Figure 6.12 Equity curve for CT using the 65sma-3cc system.
Analysis of Monthly Equity Changes
The impact of a given system on your equity curve will depend on system design and money-management decisions. In this section we look at the monthly equity curve, to understand month-to-month performance. We follow standard accounting procedures and look at the profit and loss figures at the end of each month. You may wish to look at the equity curves on a weekly basis, but the random noise in the market often complicates the analysis of such detailed data.
We saw in the previous section that the standard error of the linear regression provides an excellent measure of the roughness of the equity curve. However, the linear regression approach does not show how much money the system lost over a 1-, 2-, or 3-month period, nor does it reveal the maximum cumulative loss. We also would like to know what percentage of the months showed profitable returns, and whether the curve becomes smoother when we add certain markets or change the portfolio mix. Another useful bit of information is how quickly the system recovers from a losing streak, measured in months between new highs.
Figure 6.13 The joint CT + DM equity curve.
You must remember that this analysis reflects past data, not how the system will do in the future. However, if you use average numbers and standard deviations, you can get a fair estimate of future performance. You can then decide how to capitalize the system, by quantifying the equity swings you can tolerate. Thus, analyzing the equity curve on a portfolio basis gives a deeper understanding of system performance, and you can better prepare for future equity swings in real-time trading.
Most of this analysis was done in a spreadsheet, since the popular system testing software does not provide this information. We first used Omega Research’s System Writer Plus™ software to generate the daily equity curve using real contract data with rollovers, because we found that continuous contracts were not giving reliable results. We then used Torn Berry’s Portfolio Analyzer™ software to summarize these data into monthly performance numbers. You can do the same using a spreadsheet, or you can write a simple program.

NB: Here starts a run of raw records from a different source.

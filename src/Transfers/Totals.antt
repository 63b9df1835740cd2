-- ===== src/Transfers/Totals.antt =====
-- src/batch_transfer_processor.rs against the sum of the amounts, and its lock over many batches.
use mathlib.Core.Path.{ap₂}
use conduit_contracts.Base.{
  ℕ, ◌+◌, ◌<◌, ◌≡◌, refl, true, false, some, arith, List, [], ◌∷◌, ltb, if◌then◌else◌, length,
  checked_add_u64, in_u64, u64_limit,
}
use conduit_contracts.Transfers.Processor.{
  Answer, ok, err, processor_locked, calculation_overflow, batch_too_large, Store, is_locked,
  max_amounts, add_all, process_batch, process,
}

abbrev pub sum : List ℕ → ℕ
sum [] = 0
sum (x ∷ xs) = x + sum xs

-- The checked loop fails exactly if the whole sum does not fit.
add_all-sum :
    (amounts : List ℕ) (total : ℕ)
    → total < u64_limit
    → add_all amounts total ≡ in_u64 (total + sum amounts)
unfolding add_all checked_add_u64
add_all-sum [] total h = ground arith
add_all-sum (amount ∷ amounts) total h = ground (arith, add_all-sum amounts (total + amount))

-- What the code should answer.
abbrev pub batch_answer : List ℕ → Answer
batch_answer amounts =
    if ltb max_amounts (length amounts)
    then err batch_too_large
    else if ltb (sum amounts) u64_limit
    then ok (sum amounts)
    else err calculation_overflow

-- On a free processor a batch of more than 100 amounts is refused, a batch whose sum is 2^64 or more
-- overflows, whatever the order of the amounts, and every other is answered with its sum; on every
-- one of these paths the code releases the lock. On a locked one every batch is refused, and the
-- lock stays.
pub process_batch_lem :
    (amounts : List ℕ) (s : Store)
    → (is_locked s ≡ false
        → ((process_batch amounts s).0 ≡ batch_answer amounts)
          × ((process_batch amounts s).1.lock ≡ some false))
      × (is_locked s ≡ true → process_batch amounts s ≡ (err processor_locked, s))
unfolding process_batch
process_batch_lem amounts s =
    (λ free. (ground (arith, add_all-sum amounts 0), ground arith), λ locked. ground arith)

-- A history of batches.
pub process_each : List (List ℕ) → Store → List Answer × Store
process_each [] s = ([], s)
process_each (amounts ∷ batches) s =
    let (answer, s') = process amounts s in
    let (answers, s'') = process_each batches s' in (answer ∷ answers, s'')

abbrev pub batch_answers : List (List ℕ) → List Answer
batch_answers [] = []
batch_answers (amounts ∷ batches) = batch_answer amounts ∷ batch_answers batches

process_lem :
    (amounts : List ℕ) (s : Store)
    → is_locked s ≡ false
    → ((process amounts s).0 ≡ batch_answer amounts) × (is_locked ((process amounts s).1) ≡ false)
unfolding process
process_lem amounts s h =
    let (answered, released) = (process_batch_lem amounts s).0 h in (ground arith, ground arith)

-- Batches one after another on a free processor are each answered for themselves, whatever the
-- others were and whether they failed, and leave the processor free.
pub process_each_lem :
    (batches : List (List ℕ)) (s : Store)
    → is_locked s ≡ false
    → ((process_each batches s).0 ≡ batch_answers batches)
      × (is_locked ((process_each batches s).1) ≡ false)
unfolding process_each
process_each_lem [] s h = (refl, h)
process_each_lem (amounts ∷ batches) s h =
    let (answered, free) = process_lem amounts s h in
    let (rest, free') = process_each_lem batches ((process amounts s).1) free in
    (ap₂ ◌∷◌ answered rest, free')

Once in the spreadsheet, we calculated the actual dollar changes in equity over 1, 2, 3, 4, 5, 6, and 12 months. We could then quickly calculate the best performance, the worst performance (drawdown) and standard deviation of profits over each period. The advantage of making the dollar equity change calculations was that we could clearly see the effects of a particular exit strategy or of combining different markets in a portfolio. Some sample calculations will give you a feel for analyzing equity curves at a portfolio level.
We used actual DM contracts from automatic rollover on the 20th day of the month preceding expiration. The test period was February 1988 through June 1995. We allowed $100 for slippage and commissions and used the 65sma-3cc system with one-way entries to test different exit strategies. A one-way model does not allow back-to-back entries of the same type, so that you will not see two consecutive long or short trades. Thus, the number of entries over a data set is constant, allowing an apples-to-apples comparison.
Figure 6.14 is the monthly equity curve for the 65sma-3cc system with a $5,000 initial stop and no other exits. Thus, the long entry was also the short exit signal, and vice versa. The large stop makes it a better test of the inherent robustness of the entry signals. The system reported a paper profit of $24,900 from February 22, 1988 through June 20, 1995, with a profit factor of 1.34, 35 of 70 profitable trades, and a drawdown of –$11,687.
The monthly equity curve (see Figure 6.14) shows the overall rising trend with many sharp equity retracements, which occurred during trading range markets following a strong trend. Interestingly, rolling over the contract captured most of the profits in an uptrend, better than most exits. However, the system gave up most of the profits in the consolidation that followed the up-trend, suggesting that filtering this model should smooth out the equity curve. You could have deduced this information by studying the charts of each contract tested. However, the equity curve clearly shows a need to check those charts if you had not checked them already.
Our usual summary does not tell us what the equity changes are over periods of 1, 2, 3, 4, 5, 6, or 12 months. Yet we need this type of information to understand the impact of the trading strategy on account equity. So, let us review how the 65sma-3cc system did over different time intervals. Figure 6.15 is a plot of the worst drawdown over any consecutive periods of 1, 2, 3, 4, 5, 6, or 12 months. The drawdowns were in the range of –$9,000 to –$13,000. This is the maximum peak-to-valley reduction in equity over the monthly period of interest.
You will recognize that such a drawdown is meaningful only in the context of your account equity. Thus, if you traded this system with a $25,000 account, it would suffer drawdowns greater than 20 percent, suggesting you should trade this system with $50,000 or more of equity per contract traded.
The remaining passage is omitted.